- **Task goal**
Give again exactly the lines that stretch from the one with "pub mod Calls" to the end of the data below, including both of those lines and nothing else.

Extracted data entries
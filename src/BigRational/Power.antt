-- ===== src/BigRational/Power.antt =====
-- pow of BigRational, for every exponent of 64 bits, negative ones included.
use native.Mathlib.Nat.{pow-zero, pow-succ', one-le-pow}
use nimble_cas.Prelude.{
  ℕ, zero, suc, ◌*◌, ◌^◌, ◌<◌, ◌≡◌, ◌≢◌, refl, ap, subst, sym, ◌∙◌, arith, suc-==-zero, Option,
  some,
}
use nimble_cas.Prelude.Int.{ℤ, pos, negsuc, nat_abs, ◌*ℤ◌, nat_abs-*ℤ}
use nimble_cas.Core.{Result, ok}
use nimble_cas.BigInt.{pow as int_pow}
use nimble_cas.BigInt.Value.{to_ℤ, IsInt64, from_i64_lem, from_u64_lem}
use nimble_cas.BigInt.Power.{pow_ℤ, pow_lem}
use nimble_cas.BigRational.{BigRational, pow, is_zero, exp_size, from_int, from_bigint}
use nimble_cas.BigRational.Exact.{Coprime, Coprime-pow, Coprime-one}
use nimble_cas.BigRational.Reduced.{IsReduced, IsQuotient, quotient}
use nimble_cas.BigRational.Field.{normalise-Is, product-nonzero}

exp_size-pos : (n : ℕ) → IsInt64 (pos n) → exp_size (pos n) ≡ n
exp_size-pos n h = omega arith

exp_size-negsuc : (n : ℕ) → IsInt64 (negsuc n) → exp_size (negsuc n) ≡ suc n
exp_size-negsuc n h = omega arith

pow_ℤ-pos : (k n : ℕ) → pow_ℤ (pos k) n ≡ pos (k ^ n)
unfolding ◌*ℤ◌
pow_ℤ-pos k zero = ap pos (sym (pow-zero k))
pow_ℤ-pos k (suc n) = ap (λ t. pos k *ℤ t) (pow_ℤ-pos k n) ∙ ap pos (sym (pow-succ' k n))

nat_abs-pow_ℤ : (a : ℤ) (n : ℕ) → nat_abs (pow_ℤ a n) ≡ nat_abs a ^ n
nat_abs-pow_ℤ a zero = sym (pow-zero (nat_abs a))
nat_abs-pow_ℤ a (suc n) =
    nat_abs-*ℤ a (pow_ℤ a n)
    ∙ ap (λ (t : ℕ). nat_abs a * t) (nat_abs-pow_ℤ a n)
    ∙ sym (pow-succ' (nat_abs a) n)

pow_ℤ-nonzero : (a : ℤ) (n : ℕ) → a ≢ pos 0 → pow_ℤ a n ≢ pos 0
pow_ℤ-nonzero a zero h = λ e. absurd (omega (arith, ap nat_abs e))
pow_ℤ-nonzero a (suc n) h = product-nonzero a (pow_ℤ a n) h (pow_ℤ-nonzero a n h)

-- The powers of a fraction in lowest terms are in lowest terms.
powers-IsReduced :
    (a : BigRational) (n : ℕ)
    → n < 2 ^ 64
    → IsReduced a
    → IsReduced (record { num = int_pow a.num n; den = int_pow a.den n })
powers-IsReduced a n h ha =
    let p = pow_lem a.num n h ha.num_valid in
    let q = pow_lem a.den n h ha.den_valid in
    record {
      num_valid = p.0;
      den_valid = q.0;
      below = ha.below ^ n;
      den_is = q.1 ∙ ap (λ t. pow_ℤ t n) ha.den_is ∙ pow_ℤ-pos ha.below n;
      den_pos = one-le-pow n ha.below ha.den_pos;
      coprime =
          subst (λ m. Coprime m (ha.below ^ n))
            (sym (ap nat_abs p.1 ∙ nat_abs-pow_ℤ (to_ℤ a.num) n))
            (Coprime-pow _ ha.below n ha.coprime);
    }

-- What a power of at least zero owes: the powers of both parts.
abbrev pub IsPower : Option (Result BigRational) → BigRational → ℕ → Type 0
IsPower o a n =
    (r : BigRational) × (o ≡ some (ok r))
    × IsReduced r
    × (to_ℤ r.num ≡ pow_ℤ (to_ℤ a.num) n)
    × (to_ℤ r.den ≡ pow_ℤ (to_ℤ a.den) n)

from_int_one :
    IsReduced (from_int (pos 1))
    × (to_ℤ (from_int (pos 1)).num ≡ pos 1)
    × (to_ℤ (from_int (pos 1)).den ≡ pos 1)
unfolding from_int from_bigint
from_int_one =
    let n = from_i64_lem (pos 1) (omega arith) in
    let d = from_u64_lem 1 (omega arith) in
    (
      record {
        num_valid = n.0;
        den_valid = d.0;
        below = 1;
        den_is = d.1;
        den_pos = omega arith;
        coprime = Coprime-one _;
      },
      n.1,
      d.1,
    )

-- For a fraction in lowest terms and a 64-bit exponent n of at least zero, pow returns the
-- fraction of the n-th powers of numerator and denominator, which is in lowest terms without a
-- further reduction.
pub rational-pow :
    (a : BigRational) (n : ℕ) → IsReduced a → IsInt64 (pos n) → IsPower (pow a (pos n)) a n
unfolding pow is_zero
rational-pow a zero ha h = (from_int (pos 1), refl, from_int_one.0, from_int_one.1, from_int_one.2)
rational-pow a (suc n) ha h =
    let size = exp_size-pos (suc n) h in
    let e : ℕ = exp_size (pos (suc n)) in
    let p = pow_lem a.num e (omega (arith, size)) ha.num_valid in
    let q = pow_lem a.den e (omega (arith, size)) ha.den_valid in
    (
      record { num = int_pow a.num e; den = int_pow a.den e },
      rw (suc-==-zero n) refl,
      powers-IsReduced a e (omega (arith, size)) ha,
      p.1 ∙ ap (pow_ℤ (to_ℤ a.num)) size,
      q.1 ∙ ap (pow_ℤ (to_ℤ a.den)) size,
    )

-- For a fraction in lowest terms and a 64-bit exponent -(n + 1), INT64_MIN included, pow returns
-- division_by_zero exactly when the numerator is zero, and otherwise the fraction in lowest terms
-- that equals den ^ (n + 1) / num ^ (n + 1).
pub rational-pow-negative :
    (a : BigRational) (n : ℕ)
    → IsReduced a
    → IsInt64 (negsuc n)
    → IsQuotient
        (pow a (negsuc n))
        (to_ℤ a.num)
        (pow_ℤ (to_ℤ a.den) (suc n))
        (pow_ℤ (to_ℤ a.num) (suc n))
unfolding pow is_zero
rational-pow-negative a n ha h =
    let p = pow_lem a.num (exp_size (negsuc n)) (omega (arith, exp_size-negsuc n h)) ha.num_valid in
    let q = pow_lem a.den (exp_size (negsuc n)) (omega (arith, exp_size-negsuc n h)) ha.den_valid in
    let size = exp_size-negsuc n h in
    quotient a.num _ _ _ ha.num_valid (λ ne.
      normalise-Is _ _ _ _ (q.0, q.1 ∙ ap (pow_ℤ (to_ℤ a.den)) size)
        (p.0, p.1 ∙ ap (pow_ℤ (to_ℤ a.num)) size) (pow_ℤ-nonzero (to_ℤ a.num) (suc n) ne))
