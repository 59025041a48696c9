-- ===== src/Cuda.antt =====
-- The CUDA runtime as the host functions under src/gpu/ use it: the calls, a log of them and
-- their replies, and the shapes of code that those functions share. The runtime itself is a
-- parameter: any function that answers a call, given everything that happened before.
-- An `int` or an `unsigned` is its bit pattern, a number.
pub mod Calls
pub mod Choice
pub mod Device
pub mod Host
pub mod Memory
pub mod Fresh
pub mod Healthy
pub mod Launch
pub mod Ledger
pub mod Release
pub mod Grid
pub mod Success
pub mod Wrap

- **Result of the task**
pub mod Calls
pub mod Choice
pub mod Device
pub mod Host
pub mod Memory
pub mod Fresh
pub mod Healthy
pub mod Launch
pub mod Ledger
pub mod Release
pub mod Grid
pub mod Success
pub mod Wrap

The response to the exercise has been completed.